3.3. PostgreSQL database
We did the same in PostgreSQL.
CREATE TABLE dna (
   id           SERIAL PRIMARY KEY NOT NULL,
   seqPosition INT NOT NULL,
   sequence     TEXT NOT NULL
);
However in PostgreSQL [10] a pattern searching query has never took more than
5 minutes.

3.4. Indexing
A B-tree index can be used for column comparisons in expressions that use the
=, >, >=, <, <=, or BETWEEN operators. The index also can be used for
LIKE comparisons if the argument to LIKE is a constant string that does not start
with a wildcard character.
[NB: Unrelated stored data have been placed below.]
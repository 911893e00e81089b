-- ===== src/Ring/Kernel.antt =====
-- A block that the kernel retires keeps the invariant.
use netdump.Base.{
  ℕ, suc, ◌+◌, ◌-◌, ◌%◌, ◌≤◌, ◌<◌, ◌≡◌, ◌≢◌, refl, sym, ap, ◌∙◌, subst, true, false, Option, none,
  some, List, ◌++◌, ltb, arith,
}
use netdump.Core.{Packet}
use netdump.Ring.Block.{Block, is_user, packets_from, packets_of}
use netdump.Ring.Reader.{AfPacketSocket, BlockCursor, put_block, retire}
use netdump.Ring.System.{System, kernel_retires}
use netdump.Ring.Slots.{mod-apart, window, put_block_self, put_block-other, window-put, window-last}
use mathlib.Core.List.{append_assoc}
use netdump.Ring.Reader.{written}
use netdump.Ring.Inv.{pending_at, CursorFits, Inv}
use netdump.Base.{Bool-cases, ltb→lt, ltb→le, inl, inr}
use native.Mathlib.Nat.{mod-add-mod, add-mod_right}

module _ (s : System) (v : Inv s) (block : Block) where
  abbrev sock : AfPacketSocket
  sock = s.sock

  abbrev nr : ℕ
  nr = s.sock.block_nr

  abbrev slot : ℕ
  slot = s.sock.ring.kernel_block

  abbrev after : ℕ → Block
  after = put_block s.sock.ring.blocks slot block

  -- The next block is the kernel's only while the ring is not full.
  room : is_user (s.sock.ring.blocks slot) ≡ false → s.retired < s.released + nr
  room h = elim (Bool-cases (ltb s.retired (s.released + nr))) [
    | inl e ↦ ltb→lt s.retired (s.released + nr) e
    | inr e ↦
        let same : s.retired ≡ s.released + nr =
          omega (arith, ltb→le s.retired (s.released + nr) e, v.within) in
        let round : s.retired % nr ≡ s.released % nr =
          ap (λ (t : ℕ). t % nr) same ∙ add-mod_right s.released nr in
        let mine = v.full s.released (omega arith) (omega (arith, same, v.some_blocks)) in
        let other =
          subst (λ (t : ℕ). is_user (s.sock.ring.blocks t) ≡ false) (v.kernel_at ∙ round) h in
        cc (mine, other)
  ]

  -- Slots of other blocks that are full or empty.
  slot_before : (j : ℕ) → j < s.retired → s.retired < j + nr → slot ≢ j % nr
  slot_before j p q e =
      mod-apart nr j (s.retired - j) (omega arith) (omega arith)
        (ap (λ (t : ℕ). t % nr) (omega arith) ∙ sym v.kernel_at ∙ e)

  slot_behind : (j : ℕ) → s.retired < j → j < s.retired + nr → slot ≢ j % nr
  slot_behind j p q e =
      mod-apart nr s.retired (j - s.retired) (omega arith) (omega arith)
        (ap (λ (t : ℕ). t % nr) (omega arith) ∙ sym e ∙ v.kernel_at)

  -- The window grows by the packets of the block.
  window-after :
      (i : ℕ)
      → i ≤ s.retired
      → s.retired < i + nr
      → window s.sock.ifindex nr after i (s.retired + 1 - i)
        ≡ window s.sock.ifindex nr s.sock.ring.blocks i (s.retired - i)
          ++ packets_of s.sock.ifindex block
  window-after i p q =
      let n = s.retired - i in
      let one_more : s.retired + 1 - i ≡ suc n = omega arith in
      let last : (i + n) % nr ≡ slot = ap (λ (t : ℕ). t % nr) (omega arith) ∙ sym v.kernel_at in
      ap (λ (t : ℕ). window s.sock.ifindex nr after i t) one_more
      ∙ window-last s.sock.ifindex nr after i n
      ∙ (λ t.
          window-put s.sock.ifindex nr s.sock.ring.blocks slot block i n
            (λ j a b. slot_before j (omega arith) (omega arith)) t
          ++ packets_of s.sock.ifindex (after (last t)))
      ∙ (λ t.
          window s.sock.ifindex nr s.sock.ring.blocks i n
          ++ packets_of s.sock.ifindex (put_block_self s.sock.ring.blocks slot block t))

  abbrev filled : System
  filled = record s {
    sock = written block s.sock;
    retired = s.retired + 1;
    produced = s.produced ++ packets_of s.sock.ifindex block;
  }

  balance_after :
      (o : Option BlockCursor)
      → CursorFits s o
      → s.retired < s.released + nr
      → s.delivered ++ pending_at s.sock s.released s.retired o ≡ s.produced
      → s.delivered ++ pending_at (written block s.sock) s.released (s.retired + 1) o
        ≡ s.produced ++ packets_of s.sock.ifindex block
  balance_after none f q b =
      let w = window s.sock.ifindex nr s.sock.ring.blocks s.released (s.retired - s.released) in
      ap (λ (xs : List Packet). s.delivered ++ xs) (window-after s.released v.behind q)
      ∙ sym (append_assoc s.delivered w (packets_of s.sock.ifindex block))
      ∙ ap (λ (xs : List Packet). xs ++ packets_of s.sock.ifindex block) b
  balance_after (some c) (at, below, seen) q b =
      let rest =
        packets_from s.sock.ifindex (s.sock.ring.blocks c.base) (c.num_pkts - c.seen)
          c.next_offset in
      let w =
        window s.sock.ifindex nr s.sock.ring.blocks (s.released + 1)
          (s.retired - (s.released + 1)) in
      let kept : after c.base ≡ s.sock.ring.blocks c.base =
        put_block-other s.sock.ring.blocks slot block c.base
          (λ e. slot_before s.released below q (e ∙ at ∙ v.reader_at)) in
      (λ t.
        s.delivered
        ++ (packets_from s.sock.ifindex (kept t) (c.num_pkts - c.seen) c.next_offset
            ++ window-after (s.released + 1) (omega arith) (omega arith) t))
      ∙ ap (λ (xs : List Packet). s.delivered ++ xs)
          (sym (append_assoc rest w (packets_of s.sock.ifindex block)))
      ∙ sym (append_assoc s.delivered (rest ++ w) (packets_of s.sock.ifindex block))
      ∙ ap (λ (xs : List Packet). xs ++ packets_of s.sock.ifindex block) b

  fits_after : (o : Option BlockCursor) → CursorFits s o → CursorFits filled o
  fits_after none f = tt
  fits_after (some c) (at, below, seen) = (at, omega arith, seen)

  full_after :
      is_user block ≡ true
      → s.retired < s.released + nr
      → (i : ℕ) → s.released ≤ i
      → i < s.retired + 1
      → is_user (after (i % nr)) ≡ true
  full_after u q i a b = elim (Bool-cases (ltb i s.retired)) [
    | inl e ↦
        let old = ltb→lt i s.retired e in
        ap is_user
          (put_block-other s.sock.ring.blocks slot block (i % nr) (slot_before i old (omega arith)))
        ∙ v.full i a old
    | inr e ↦
        let last : i ≡ s.retired = omega (arith, ltb→le i s.retired e) in
        let here : i % nr ≡ slot = ap (λ (t : ℕ). t % nr) last ∙ sym v.kernel_at in
        ap (λ (t : ℕ). is_user (after t)) here
        ∙ ap is_user (put_block_self s.sock.ring.blocks slot block)
        ∙ u
  ]

  filled-Inv : is_user block ≡ true → s.retired < s.released + nr → Inv filled
  filled-Inv u q = record {
    some_blocks = v.some_blocks;
    reader_at = v.reader_at;
    kernel_at = ap (λ (t : ℕ). (t + 1) % nr) v.kernel_at ∙ mod-add-mod s.retired nr 1;
    behind = omega (arith, v.behind);
    within = omega arith;
    full = full_after u q;
    drained = λ i a b.
        ap is_user (
          put_block-other s.sock.ring.blocks slot block (i % nr)
            (slot_behind i (omega arith) (omega (arith, v.behind))))
        ∙ v.drained i (omega arith) b;
    cursor_fits = fits_after s.sock.cursor v.cursor_fits;
    balance = balance_after s.sock.cursor v.cursor_fits q v.balance;
  }

  written-retire :
      is_user (s.sock.ring.blocks slot) ≡ false → retire block s.sock ≡ written block s.sock
  written-retire h = rw h refl

  -- The kernel's step keeps the invariant.
  pub retires-Inv :
      is_user block ≡ true
      → is_user (s.sock.ring.blocks slot) ≡ false
      → Inv (kernel_retires block s)
  retires-Inv u h =
      subst (λ (k : AfPacketSocket). Inv (record (kernel_retires block s) { sock = k }))
        (sym (written-retire h)) (filled-Inv u (room h))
MySQL uses the Turbo Boyer-Moore [11] algorithm
to initialize the pattern for the string and then uses this pattern to perform the
search more quickly. We examined the query runtime after creating indexes for the
table columns. As we mentioned before, a simple selection statement could took
minutes to complete. After creating indexes in the database columns, the following
statement returned within seconds.
SELECT * FROM dna where pos=111;
10 row(s) returned 0.110 sec / 0.015 sec


4. K-mers
In bioinformatics, k-mers are subsequences of length k contained within a biolog-
ical sequence. Primarily used within the context of computational genomics and
sequence analysis. Usually, the term k-mer refers to all of a sequence’s subsequences
of length k, such that the sequence AGAT would have four monomers (A, G, A,
and T), three 2-mers (AG, GA, AT), two 3-mers (AGA and GAT) and one 4-mer
(AGAT). The maximum number of variations of the possible substrings are 4𝑘 .

4.1. Method
We developed a program in python to determine the number of k-mers. With
reading the file line by line it counts the occurring nucleotid variations.
   We examined human, hominoidea, plant and bacteria dna sequence too.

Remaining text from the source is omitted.